WHAT IS BEING ASKED
Take the data below and extract the lines from the one with "-- Every call" to the one with "allowed_shutdown (some nvc_shutdown) = refl", inclusive, exactly as written.

------

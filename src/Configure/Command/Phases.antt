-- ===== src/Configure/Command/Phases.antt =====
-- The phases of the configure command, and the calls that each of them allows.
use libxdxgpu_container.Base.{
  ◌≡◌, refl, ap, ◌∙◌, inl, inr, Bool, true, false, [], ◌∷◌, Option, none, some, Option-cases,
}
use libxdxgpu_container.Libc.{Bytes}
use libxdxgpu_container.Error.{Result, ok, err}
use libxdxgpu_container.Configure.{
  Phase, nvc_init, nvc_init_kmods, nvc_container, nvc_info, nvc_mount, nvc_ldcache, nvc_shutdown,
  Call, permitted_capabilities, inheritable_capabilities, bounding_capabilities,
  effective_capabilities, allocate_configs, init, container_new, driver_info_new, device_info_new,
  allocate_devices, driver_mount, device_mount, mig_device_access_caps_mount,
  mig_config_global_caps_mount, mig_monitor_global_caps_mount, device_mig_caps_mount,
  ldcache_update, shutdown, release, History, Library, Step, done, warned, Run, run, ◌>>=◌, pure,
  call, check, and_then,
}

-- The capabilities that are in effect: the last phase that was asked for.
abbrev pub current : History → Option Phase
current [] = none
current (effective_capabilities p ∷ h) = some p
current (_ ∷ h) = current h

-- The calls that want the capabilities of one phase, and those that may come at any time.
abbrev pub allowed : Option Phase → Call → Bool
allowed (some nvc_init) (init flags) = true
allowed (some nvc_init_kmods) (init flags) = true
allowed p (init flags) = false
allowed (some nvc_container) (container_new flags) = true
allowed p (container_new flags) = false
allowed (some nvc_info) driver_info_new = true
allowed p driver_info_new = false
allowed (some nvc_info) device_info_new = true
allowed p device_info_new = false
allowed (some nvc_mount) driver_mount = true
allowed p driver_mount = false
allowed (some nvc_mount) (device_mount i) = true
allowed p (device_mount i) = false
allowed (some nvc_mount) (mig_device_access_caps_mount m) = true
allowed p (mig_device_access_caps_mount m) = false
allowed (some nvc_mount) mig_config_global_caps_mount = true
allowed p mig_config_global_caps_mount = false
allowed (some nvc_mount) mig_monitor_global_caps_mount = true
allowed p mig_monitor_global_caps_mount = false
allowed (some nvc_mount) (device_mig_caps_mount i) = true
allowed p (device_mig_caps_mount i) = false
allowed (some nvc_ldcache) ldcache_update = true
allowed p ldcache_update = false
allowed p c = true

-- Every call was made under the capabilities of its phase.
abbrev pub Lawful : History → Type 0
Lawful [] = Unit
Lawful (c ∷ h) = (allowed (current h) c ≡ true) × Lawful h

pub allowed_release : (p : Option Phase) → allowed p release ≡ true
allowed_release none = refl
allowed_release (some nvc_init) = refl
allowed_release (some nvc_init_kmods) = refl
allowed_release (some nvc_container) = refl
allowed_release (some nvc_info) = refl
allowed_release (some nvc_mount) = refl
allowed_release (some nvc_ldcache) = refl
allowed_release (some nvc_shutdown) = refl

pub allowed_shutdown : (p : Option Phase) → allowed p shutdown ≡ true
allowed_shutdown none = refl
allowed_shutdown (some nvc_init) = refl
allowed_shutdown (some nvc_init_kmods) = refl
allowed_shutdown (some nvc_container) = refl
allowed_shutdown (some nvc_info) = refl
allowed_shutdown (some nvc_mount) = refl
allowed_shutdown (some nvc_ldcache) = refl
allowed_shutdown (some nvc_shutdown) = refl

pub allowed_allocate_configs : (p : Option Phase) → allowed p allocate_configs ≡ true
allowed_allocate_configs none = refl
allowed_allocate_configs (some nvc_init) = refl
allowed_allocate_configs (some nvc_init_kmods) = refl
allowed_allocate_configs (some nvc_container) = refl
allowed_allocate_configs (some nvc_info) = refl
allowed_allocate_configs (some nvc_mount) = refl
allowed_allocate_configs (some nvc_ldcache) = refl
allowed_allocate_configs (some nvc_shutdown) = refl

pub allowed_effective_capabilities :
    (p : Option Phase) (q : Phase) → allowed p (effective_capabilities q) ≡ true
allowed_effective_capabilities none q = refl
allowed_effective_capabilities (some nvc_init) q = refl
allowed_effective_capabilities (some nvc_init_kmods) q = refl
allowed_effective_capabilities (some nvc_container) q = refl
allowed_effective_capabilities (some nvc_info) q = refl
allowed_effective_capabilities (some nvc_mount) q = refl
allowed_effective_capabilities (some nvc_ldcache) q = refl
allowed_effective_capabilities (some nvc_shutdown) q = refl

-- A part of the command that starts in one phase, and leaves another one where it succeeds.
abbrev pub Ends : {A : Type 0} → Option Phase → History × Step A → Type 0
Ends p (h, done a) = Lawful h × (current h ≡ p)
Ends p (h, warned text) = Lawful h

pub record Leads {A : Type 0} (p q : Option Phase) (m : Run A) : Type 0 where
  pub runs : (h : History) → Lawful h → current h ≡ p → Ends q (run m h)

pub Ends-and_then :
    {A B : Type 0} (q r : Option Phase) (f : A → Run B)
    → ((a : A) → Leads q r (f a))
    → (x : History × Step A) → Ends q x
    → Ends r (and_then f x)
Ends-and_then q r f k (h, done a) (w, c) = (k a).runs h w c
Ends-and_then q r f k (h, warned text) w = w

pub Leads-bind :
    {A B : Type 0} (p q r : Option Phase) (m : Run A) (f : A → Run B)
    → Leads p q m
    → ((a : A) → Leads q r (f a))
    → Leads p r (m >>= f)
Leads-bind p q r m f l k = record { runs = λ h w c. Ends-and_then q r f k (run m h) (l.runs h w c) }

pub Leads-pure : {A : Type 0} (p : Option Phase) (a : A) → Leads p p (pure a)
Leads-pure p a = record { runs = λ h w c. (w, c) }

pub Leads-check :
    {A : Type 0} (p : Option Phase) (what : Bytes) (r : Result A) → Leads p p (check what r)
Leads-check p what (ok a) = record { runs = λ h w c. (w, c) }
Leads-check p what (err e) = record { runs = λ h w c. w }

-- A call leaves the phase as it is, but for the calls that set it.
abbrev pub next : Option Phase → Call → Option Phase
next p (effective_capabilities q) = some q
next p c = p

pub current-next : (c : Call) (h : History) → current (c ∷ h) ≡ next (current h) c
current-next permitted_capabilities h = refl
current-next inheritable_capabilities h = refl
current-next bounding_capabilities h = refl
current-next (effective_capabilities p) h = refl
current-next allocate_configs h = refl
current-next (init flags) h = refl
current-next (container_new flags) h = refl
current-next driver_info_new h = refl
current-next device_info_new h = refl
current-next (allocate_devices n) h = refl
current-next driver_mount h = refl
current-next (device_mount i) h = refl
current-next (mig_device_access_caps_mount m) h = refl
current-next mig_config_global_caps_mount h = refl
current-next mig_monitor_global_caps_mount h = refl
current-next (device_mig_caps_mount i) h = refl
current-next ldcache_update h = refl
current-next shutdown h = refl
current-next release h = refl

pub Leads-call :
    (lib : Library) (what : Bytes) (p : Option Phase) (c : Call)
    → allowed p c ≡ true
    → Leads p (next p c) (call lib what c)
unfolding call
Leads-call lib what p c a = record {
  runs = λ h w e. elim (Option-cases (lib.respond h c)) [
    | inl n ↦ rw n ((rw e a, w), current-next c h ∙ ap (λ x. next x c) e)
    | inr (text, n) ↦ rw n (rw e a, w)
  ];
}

------

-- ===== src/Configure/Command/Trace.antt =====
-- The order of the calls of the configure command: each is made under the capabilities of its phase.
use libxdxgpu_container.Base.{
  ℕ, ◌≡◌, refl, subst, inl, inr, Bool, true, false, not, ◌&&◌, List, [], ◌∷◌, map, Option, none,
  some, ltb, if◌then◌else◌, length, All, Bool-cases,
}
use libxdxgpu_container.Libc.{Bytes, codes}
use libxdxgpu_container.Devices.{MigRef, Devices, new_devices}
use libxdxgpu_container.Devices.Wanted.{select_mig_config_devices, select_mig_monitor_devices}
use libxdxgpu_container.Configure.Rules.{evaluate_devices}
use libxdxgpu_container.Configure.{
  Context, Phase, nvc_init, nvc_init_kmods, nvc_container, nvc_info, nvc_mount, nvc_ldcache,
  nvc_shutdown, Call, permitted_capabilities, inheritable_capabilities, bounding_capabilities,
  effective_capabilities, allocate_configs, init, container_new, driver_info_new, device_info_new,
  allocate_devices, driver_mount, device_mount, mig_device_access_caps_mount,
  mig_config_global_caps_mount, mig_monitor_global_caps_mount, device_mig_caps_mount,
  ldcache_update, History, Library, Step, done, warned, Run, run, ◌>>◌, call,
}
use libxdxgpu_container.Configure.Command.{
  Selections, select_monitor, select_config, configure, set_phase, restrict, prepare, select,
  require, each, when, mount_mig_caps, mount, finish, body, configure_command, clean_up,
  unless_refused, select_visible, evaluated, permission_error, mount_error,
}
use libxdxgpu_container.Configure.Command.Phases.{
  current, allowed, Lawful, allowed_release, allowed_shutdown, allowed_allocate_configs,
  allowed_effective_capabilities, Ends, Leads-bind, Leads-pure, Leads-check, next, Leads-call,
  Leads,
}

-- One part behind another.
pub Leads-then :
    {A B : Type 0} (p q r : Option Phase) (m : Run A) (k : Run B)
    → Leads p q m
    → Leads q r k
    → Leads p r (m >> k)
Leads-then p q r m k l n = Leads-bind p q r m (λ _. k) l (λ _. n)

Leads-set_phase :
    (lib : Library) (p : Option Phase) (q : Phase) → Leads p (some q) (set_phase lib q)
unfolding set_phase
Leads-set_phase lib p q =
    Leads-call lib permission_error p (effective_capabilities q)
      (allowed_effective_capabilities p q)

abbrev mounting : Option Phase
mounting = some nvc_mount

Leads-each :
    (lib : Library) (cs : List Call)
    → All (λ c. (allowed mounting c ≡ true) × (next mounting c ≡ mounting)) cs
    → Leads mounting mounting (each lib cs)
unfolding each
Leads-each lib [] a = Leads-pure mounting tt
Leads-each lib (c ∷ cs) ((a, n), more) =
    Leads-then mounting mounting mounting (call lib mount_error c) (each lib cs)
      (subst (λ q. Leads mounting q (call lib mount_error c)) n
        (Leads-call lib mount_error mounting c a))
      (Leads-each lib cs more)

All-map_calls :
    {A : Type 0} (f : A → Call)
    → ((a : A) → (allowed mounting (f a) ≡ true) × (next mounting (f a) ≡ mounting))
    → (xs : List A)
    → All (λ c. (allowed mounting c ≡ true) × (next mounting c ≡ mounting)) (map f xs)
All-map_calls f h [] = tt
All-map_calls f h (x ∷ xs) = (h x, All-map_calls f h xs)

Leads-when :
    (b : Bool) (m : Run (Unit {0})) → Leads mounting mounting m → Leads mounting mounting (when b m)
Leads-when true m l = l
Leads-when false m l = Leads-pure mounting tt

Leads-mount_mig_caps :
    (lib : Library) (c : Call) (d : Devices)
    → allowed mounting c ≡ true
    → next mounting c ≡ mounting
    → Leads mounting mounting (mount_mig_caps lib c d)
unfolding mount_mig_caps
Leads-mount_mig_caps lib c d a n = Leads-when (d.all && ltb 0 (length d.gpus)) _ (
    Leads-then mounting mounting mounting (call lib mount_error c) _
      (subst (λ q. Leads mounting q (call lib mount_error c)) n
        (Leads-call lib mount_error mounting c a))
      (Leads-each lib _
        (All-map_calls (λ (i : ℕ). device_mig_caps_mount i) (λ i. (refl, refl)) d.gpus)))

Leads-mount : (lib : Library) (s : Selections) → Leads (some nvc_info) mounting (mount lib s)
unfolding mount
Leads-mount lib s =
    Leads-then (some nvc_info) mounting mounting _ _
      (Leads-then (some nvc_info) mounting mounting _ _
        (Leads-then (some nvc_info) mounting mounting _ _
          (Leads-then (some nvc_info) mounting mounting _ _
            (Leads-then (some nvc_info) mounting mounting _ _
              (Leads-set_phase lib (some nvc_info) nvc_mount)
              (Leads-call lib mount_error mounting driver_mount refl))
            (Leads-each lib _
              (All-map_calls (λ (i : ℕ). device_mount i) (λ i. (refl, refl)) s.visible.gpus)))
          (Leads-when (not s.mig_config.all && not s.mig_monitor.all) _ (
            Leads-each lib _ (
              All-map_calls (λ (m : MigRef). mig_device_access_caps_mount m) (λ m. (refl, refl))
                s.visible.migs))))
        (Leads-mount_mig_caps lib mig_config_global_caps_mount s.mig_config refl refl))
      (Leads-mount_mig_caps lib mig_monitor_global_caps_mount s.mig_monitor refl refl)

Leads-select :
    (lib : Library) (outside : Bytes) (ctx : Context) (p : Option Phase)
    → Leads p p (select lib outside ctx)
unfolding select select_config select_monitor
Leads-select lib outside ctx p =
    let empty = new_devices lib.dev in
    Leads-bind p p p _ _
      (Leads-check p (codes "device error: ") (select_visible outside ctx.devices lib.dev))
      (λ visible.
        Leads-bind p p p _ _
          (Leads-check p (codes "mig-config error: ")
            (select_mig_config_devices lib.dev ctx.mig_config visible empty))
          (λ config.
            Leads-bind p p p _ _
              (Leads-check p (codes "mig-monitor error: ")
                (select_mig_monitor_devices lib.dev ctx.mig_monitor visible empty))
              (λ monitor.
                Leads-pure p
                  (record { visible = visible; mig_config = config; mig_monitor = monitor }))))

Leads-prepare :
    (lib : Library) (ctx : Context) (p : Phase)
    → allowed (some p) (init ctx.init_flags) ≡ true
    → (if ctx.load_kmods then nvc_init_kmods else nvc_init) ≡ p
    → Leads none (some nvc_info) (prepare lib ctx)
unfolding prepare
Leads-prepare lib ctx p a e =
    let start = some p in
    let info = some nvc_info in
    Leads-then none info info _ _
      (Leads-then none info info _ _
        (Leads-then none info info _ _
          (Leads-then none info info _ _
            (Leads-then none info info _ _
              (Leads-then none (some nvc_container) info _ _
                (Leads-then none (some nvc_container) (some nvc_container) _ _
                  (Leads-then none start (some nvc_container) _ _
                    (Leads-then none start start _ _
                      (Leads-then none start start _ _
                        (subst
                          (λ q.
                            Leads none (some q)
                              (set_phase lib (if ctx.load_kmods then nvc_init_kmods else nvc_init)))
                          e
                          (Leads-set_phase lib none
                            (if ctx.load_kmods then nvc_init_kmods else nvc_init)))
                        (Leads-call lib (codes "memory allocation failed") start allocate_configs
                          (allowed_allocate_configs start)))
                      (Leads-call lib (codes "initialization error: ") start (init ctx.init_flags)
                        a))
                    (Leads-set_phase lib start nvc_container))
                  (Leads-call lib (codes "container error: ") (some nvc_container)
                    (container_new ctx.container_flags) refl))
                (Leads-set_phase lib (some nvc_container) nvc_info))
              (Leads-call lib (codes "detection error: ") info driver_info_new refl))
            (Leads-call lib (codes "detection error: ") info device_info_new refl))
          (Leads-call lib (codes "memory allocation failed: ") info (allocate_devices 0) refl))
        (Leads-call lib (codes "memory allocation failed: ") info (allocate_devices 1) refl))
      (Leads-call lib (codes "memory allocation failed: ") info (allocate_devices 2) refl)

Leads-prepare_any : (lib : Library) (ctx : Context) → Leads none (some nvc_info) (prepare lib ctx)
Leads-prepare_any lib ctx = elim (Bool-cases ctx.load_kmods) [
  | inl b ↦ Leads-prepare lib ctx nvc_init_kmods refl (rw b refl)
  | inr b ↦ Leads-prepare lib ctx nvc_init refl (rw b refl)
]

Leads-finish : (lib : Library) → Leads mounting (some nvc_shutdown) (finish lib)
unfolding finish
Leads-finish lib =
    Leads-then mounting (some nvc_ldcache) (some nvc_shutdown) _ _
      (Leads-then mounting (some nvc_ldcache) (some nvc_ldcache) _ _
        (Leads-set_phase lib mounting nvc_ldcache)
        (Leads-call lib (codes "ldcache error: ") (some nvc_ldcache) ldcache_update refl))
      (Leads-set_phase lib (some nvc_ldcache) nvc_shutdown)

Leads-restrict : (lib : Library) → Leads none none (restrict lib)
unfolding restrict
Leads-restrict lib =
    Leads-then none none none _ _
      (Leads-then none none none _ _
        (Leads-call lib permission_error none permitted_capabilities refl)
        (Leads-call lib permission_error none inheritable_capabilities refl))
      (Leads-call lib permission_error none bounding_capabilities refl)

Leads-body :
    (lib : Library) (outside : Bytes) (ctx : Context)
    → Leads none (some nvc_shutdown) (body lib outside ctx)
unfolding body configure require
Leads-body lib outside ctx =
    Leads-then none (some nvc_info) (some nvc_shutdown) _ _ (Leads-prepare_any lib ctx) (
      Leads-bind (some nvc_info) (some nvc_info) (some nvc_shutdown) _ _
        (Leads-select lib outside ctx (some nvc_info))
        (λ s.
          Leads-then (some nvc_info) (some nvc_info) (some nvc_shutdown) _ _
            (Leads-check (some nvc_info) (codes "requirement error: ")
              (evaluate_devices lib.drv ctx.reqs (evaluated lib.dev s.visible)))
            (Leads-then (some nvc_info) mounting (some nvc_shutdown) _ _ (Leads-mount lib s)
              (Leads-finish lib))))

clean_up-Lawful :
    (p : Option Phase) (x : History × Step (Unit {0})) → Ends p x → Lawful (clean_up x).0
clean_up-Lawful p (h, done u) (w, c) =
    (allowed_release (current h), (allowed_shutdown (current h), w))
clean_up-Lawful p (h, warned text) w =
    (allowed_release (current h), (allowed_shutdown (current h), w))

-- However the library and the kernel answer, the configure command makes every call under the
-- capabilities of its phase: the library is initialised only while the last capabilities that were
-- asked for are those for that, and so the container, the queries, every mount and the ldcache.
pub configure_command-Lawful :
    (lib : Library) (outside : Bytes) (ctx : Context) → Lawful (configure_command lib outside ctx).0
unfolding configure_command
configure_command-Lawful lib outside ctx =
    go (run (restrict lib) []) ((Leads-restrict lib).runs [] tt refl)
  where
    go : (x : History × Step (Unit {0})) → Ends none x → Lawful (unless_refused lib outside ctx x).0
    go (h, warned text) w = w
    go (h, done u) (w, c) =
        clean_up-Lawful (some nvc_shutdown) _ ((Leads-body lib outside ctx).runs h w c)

------

OUTPUT OF THE TASK
-- Every call was made under the capabilities of its phase.
abbrev pub Lawful : History → Type 0
Lawful [] = Unit
Lawful (c ∷ h) = (allowed (current h) c ≡ true) × Lawful h

pub allowed_release : (p : Option Phase) → allowed p release ≡ true
allowed_release none = refl
allowed_release (some nvc_init) = refl
allowed_release (some nvc_init_kmods) = refl
allowed_release (some nvc_container) = refl
allowed_release (some nvc_info) = refl
allowed_release (some nvc_mount) = refl
allowed_release (some nvc_ldcache) = refl
allowed_release (some nvc_shutdown) = refl

pub allowed_shutdown : (p : Option Phase) → allowed p shutdown ≡ true
allowed_shutdown none = refl
allowed_shutdown (some nvc_init) = refl
allowed_shutdown (some nvc_init_kmods) = refl
allowed_shutdown (some nvc_container) = refl
allowed_shutdown (some nvc_info) = refl
allowed_shutdown (some nvc_mount) = refl
allowed_shutdown (some nvc_ldcache) = refl
allowed_shutdown (some nvc_shutdown) = refl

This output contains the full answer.